Inference Mechanics and Real-Time Efficiency
Efficient inference is paramount for deploying a real-time conversational agent. nanochat integrates advanced techniques, notably Key-Value Caching and optimized sampling strategies, to minimize latency and maintain generation quality.
Key-Value (KV) Caching Deep Dive
In the process of autoregressive generation, where the model generates one token at a time based on all previous tokens, a standard, straightforward transformer implementation would redundantly re-calculate the self-attention mechanism over the entire growing sequence for every new token. This repetition leads to high computational cost and rapidly increasing latency as the generated sequence lengthens.
KV caching resolves this compute overlap by storing the intermediate states of the attention layers during inference. Specifically, in the transformer attention mechanism, each token generates Query (Q), Key (K), and Value (V) vectors. During subsequent steps, the Keys and Values calculated for all previous tokens (both the initial prompt and already generated tokens) are stored and reused, eliminating redundant computation.
In nanochat, this critical KV cache is architecturally defined as a 6-dimensional tensor with the shape:
cache_shape = (L, 2, B, H, T, D)
where L is the number of transformer layers; 2 is the separate storage dimension for Keys and Values; B is the batch size; H is the number of attention heads; T is the maximum sequence (context) length; and D is the head dimension. This highly specific architectural implementation minimizes inference latency by substituting expensive repeated matrix multiplications with fast memory lookups, ensuring that the model remains fast even when generating long responses.

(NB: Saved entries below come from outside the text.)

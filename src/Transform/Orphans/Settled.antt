-- ===== src/Transform/Orphans/Settled.antt =====
-- What a provider requires of a replayed conversation: no failed turn is in it, and every tool
-- call is answered before the next turn.
use kern_proxy.Base.{
  ℕ, ◌+◌, ◌≡◌, refl, ap, ◌∙◌, Bool, true, false, ◌||◌, List, [], ◌∷◌, ◌++◌, append-nil, String,
  ◌=ₛ◌, eq_iff, eq_refl, arith, items, Bool-cases, inl, inr,
}
use kern_proxy.Base.Int.{ℤ}
use kern_proxy.Messages.{ToolCall, Message}
use kern_proxy.Transform.Orphans.{contains, tool_calls, is_failed, insert_orphan_tool_results}
use kern_proxy.Transform.Orphans.Fill.{missing, fill, insert-fill}

-- A result for `id` stands before the next user or assistant turn.
abbrev pub answered : String → List Message → Bool
answered id [] = false
answered id (Message.tool_result m ∷ ms) = m.tool_call_id =ₛ id || answered id ms
answered id (Message.user m ∷ ms) = false
answered id (Message.assistant m ∷ ms) = false

abbrev pub has_call : String → List ToolCall → Bool
has_call id [] = false
has_call id (c ∷ cs) = c.id =ₛ id || has_call id cs

abbrev pub IsSettled : List Message → Type 0
IsSettled [] = Unit
IsSettled (Message.tool_result m ∷ ms) = IsSettled ms
IsSettled (Message.user m ∷ ms) = IsSettled ms
IsSettled (Message.assistant m ∷ ms) =
    (is_failed m.stop_reason ≡ false)
    × ((id : String) → has_call id (tool_calls (items m.content)) ≡ true → answered id ms ≡ true)
    × IsSettled ms

missing-answers :
    (now : ℕ → ℤ) (n : ℕ) (existing : List String) (calls : List ToolCall) (rest : List Message)
    (id : String)
    → has_call id calls ≡ true
    → (contains existing id || answered id (missing now n existing calls ++ rest)) ≡ true
unfolding missing
missing-answers now n e [] rest id h = cc
missing-answers now n e (c ∷ cs) rest id h = ground (
  arith,
  eq_iff c.id id,
  missing-answers now n e cs rest id,
  missing-answers now (n + 1) e cs rest id,
  ap (contains e) {x = c.id} {y = id},
)

fill-answers :
    (now : ℕ → ℤ) (n : ℕ) (pending : List ToolCall) (existing : List String) (ms : List Message)
    (id : String)
    → has_call id pending ≡ true
    → (contains existing id || answered id (fill now n pending existing ms)) ≡ true
unfolding fill contains
fill-answers now n p e [] id h = rw append-nil at (missing-answers now n e p [] id h)
fill-answers now n p e (Message.tool_result m ∷ ms) id h =
    ground (arith, fill-answers now (n + 1) p (m.tool_call_id ∷ e) ms id h)
fill-answers now n p e (Message.user m ∷ ms) id h = missing-answers now n e p _ id h
fill-answers now n p e (Message.assistant m ∷ ms) id h = missing-answers now n e p _ id h

missing-IsSettled :
    (now : ℕ → ℤ) (n : ℕ) (existing : List String) (calls : List ToolCall) (rest : List Message)
    → IsSettled rest
    → IsSettled (missing now n existing calls ++ rest)
unfolding missing
missing-IsSettled now n e [] rest h = h
missing-IsSettled now n e (c ∷ cs) rest h = elim (Bool-cases (contains e c.id)) [
  | inl found ↦ rw found (missing-IsSettled now n e cs rest h)
  | inr absent ↦ rw absent (missing-IsSettled now (n + 1) e cs rest h)
]

fill-IsSettled :
    (now : ℕ → ℤ) (n : ℕ) (pending : List ToolCall) (existing : List String) (ms : List Message)
    → IsSettled (fill now n pending existing ms)
unfolding fill contains
fill-IsSettled now n p e [] = rw append-nil at (missing-IsSettled now n e p [] tt)
fill-IsSettled now n p e (Message.tool_result m ∷ ms) =
    fill-IsSettled now (n + 1) p (m.tool_call_id ∷ e) ms
fill-IsSettled now n p e (Message.user m ∷ ms) =
    missing-IsSettled now n e p _ (fill-IsSettled now _ [] [] ms)
fill-IsSettled now n p e (Message.assistant m ∷ ms) = elim (Bool-cases (is_failed m.stop_reason)) [
  | inl failed ↦ rw failed (missing-IsSettled now n e p _ (fill-IsSettled now _ [] [] ms))
  | inr complete ↦ rw complete (
      missing-IsSettled now n e p _
        (complete, λ id. fill-answers now _ _ [] ms id, fill-IsSettled now _ _ [] ms))
]

-- Whatever the conversation and the clock, the result of `insertOrphanToolResults` holds no
-- assistant turn that ended in error or was aborted, and each tool call of each assistant turn
-- in it has a tool result with its id before the next user or assistant turn or the end.
pub insert-IsSettled :
    (now : ℕ → ℤ) (ms : List Message) → IsSettled (insert_orphan_tool_results now ms)
insert-IsSettled now ms = rw insert-fill (fill-IsSettled now 0 [] [] ms)

-- Every pending call has a result already, or gets one from the messages to come.
abbrev IsMet : List ToolCall → List String → List Message → Type 0
IsMet pending existing ms =
    (id : String) → has_call id pending ≡ true → (contains existing id || answered id ms) ≡ true

missing-nil :
    (now : ℕ → ℤ) (n : ℕ) (existing : List String) (calls : List ToolCall)
    → ((id : String) → has_call id calls ≡ true → contains existing id ≡ true)
    → missing now n existing calls ≡ []
unfolding missing
missing-nil now n e [] h = refl
missing-nil now n e (c ∷ cs) h =
    rw (h c.id (rw eq_refl)) (missing-nil now n e cs (λ id k. h id (ground arith)))

fill-of_IsSettled :
    (now : ℕ → ℤ) (n : ℕ) (pending : List ToolCall) (existing : List String) (ms : List Message)
    → IsMet pending existing ms
    → IsSettled ms
    → fill now n pending existing ms ≡ ms
unfolding fill contains
fill-of_IsSettled now n p e [] met h = missing-nil now n e p (λ id k. ground (arith, met id k))
fill-of_IsSettled now n p e (Message.tool_result m ∷ ms) met h =
    ap (◌∷◌ (Message.tool_result m))
      (fill-of_IsSettled now (n + 1) p (m.tool_call_id ∷ e) ms (λ id k. ground (arith, met id k)) h)
fill-of_IsSettled now n p e (Message.user m ∷ ms) met h =
    rw (missing-nil now n e p (λ id k. ground (arith, met id k)))
      (ap (◌∷◌ (Message.user m)) (fill-of_IsSettled now _ [] [] ms (λ id k. cc) h))
fill-of_IsSettled now n p e (Message.assistant m ∷ ms) met h =
    rw (missing-nil now n e p (λ id k. ground (arith, met id k)), h.0)
      (ap (◌∷◌ (Message.assistant m)) (fill-of_IsSettled now _ _ [] ms (λ id k. h.1 id k) h.2))

-- A conversation that is settled already comes back unchanged.
pub insert-of_IsSettled :
    (now : ℕ → ℤ) (ms : List Message) → IsSettled ms → insert_orphan_tool_results now ms ≡ ms
insert-of_IsSettled now ms h = insert-fill now ms ∙ fill-of_IsSettled now 0 [] [] ms (λ id k. cc) h

-- A second pass, at whatever clock, changes nothing.
insert-idempotent :
    (now later : ℕ → ℤ) (ms : List Message)
    → insert_orphan_tool_results later (insert_orphan_tool_results now ms)
      ≡ insert_orphan_tool_results now ms
insert-idempotent now later ms = insert-of_IsSettled later _ (insert-IsSettled now ms)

Generation and Sampling Strategies
Token generation requires careful management of randomness to balance coherence (a deterministic output) with creativity (variability). Nanochat achieves this balance using a combination of Temperature and Top-K sampling.
The generation process follows a defined flow:
- The transformer outputs logits (raw prediction scores) across the entire vocabulary.
- Top-K Filtering: The tokens are sorted by logit value, and only the top K most likely tokens are retained, restricting the pool of potential candidates.
- Temperature Scaling: A temperature value T is applied to the logits of these retained K tokens. A higher temperature (up to 2.0) flattens the probability distribution, increasing the likelihood of selecting less probable tokens and resulting in greater variability; a lower temperature (down to 0.0) sharpens the distribution, leading to more deterministic and focused output.
- The probabilities are renormalized to sum to 1.0.
- The final token is sampled from this restricted, scaled distribution.
The integration of an optimized KV cache architecture and standardized sampling strategies demonstrates a commitment to designing not just a research model, but a complete blueprint for deploying an efficient, low-latency, real-time LLM service.
Conclusion
The nanochat project successfully delivers a complete, deployable LLM solution optimized for minimal compute constraints. It achieved its goal of creating “the best ChatGPT $100 can buy” by demonstrating profound efficiency across every stage of the pipeline: utilizing high-performance Rust for tokenization, adopting a strategic hybrid optimization approach (Muon + AdamW) with ZeRO-2 for memory efficiency, and implementing low-latency inference mechanics like the 6D KV cache. The project serves as a comprehensive, end-to-end blueprint for contemporary LLM development, illustrating how transformers, tokenization, and fine-tuning must interact cohesively to form a functional, real-world system.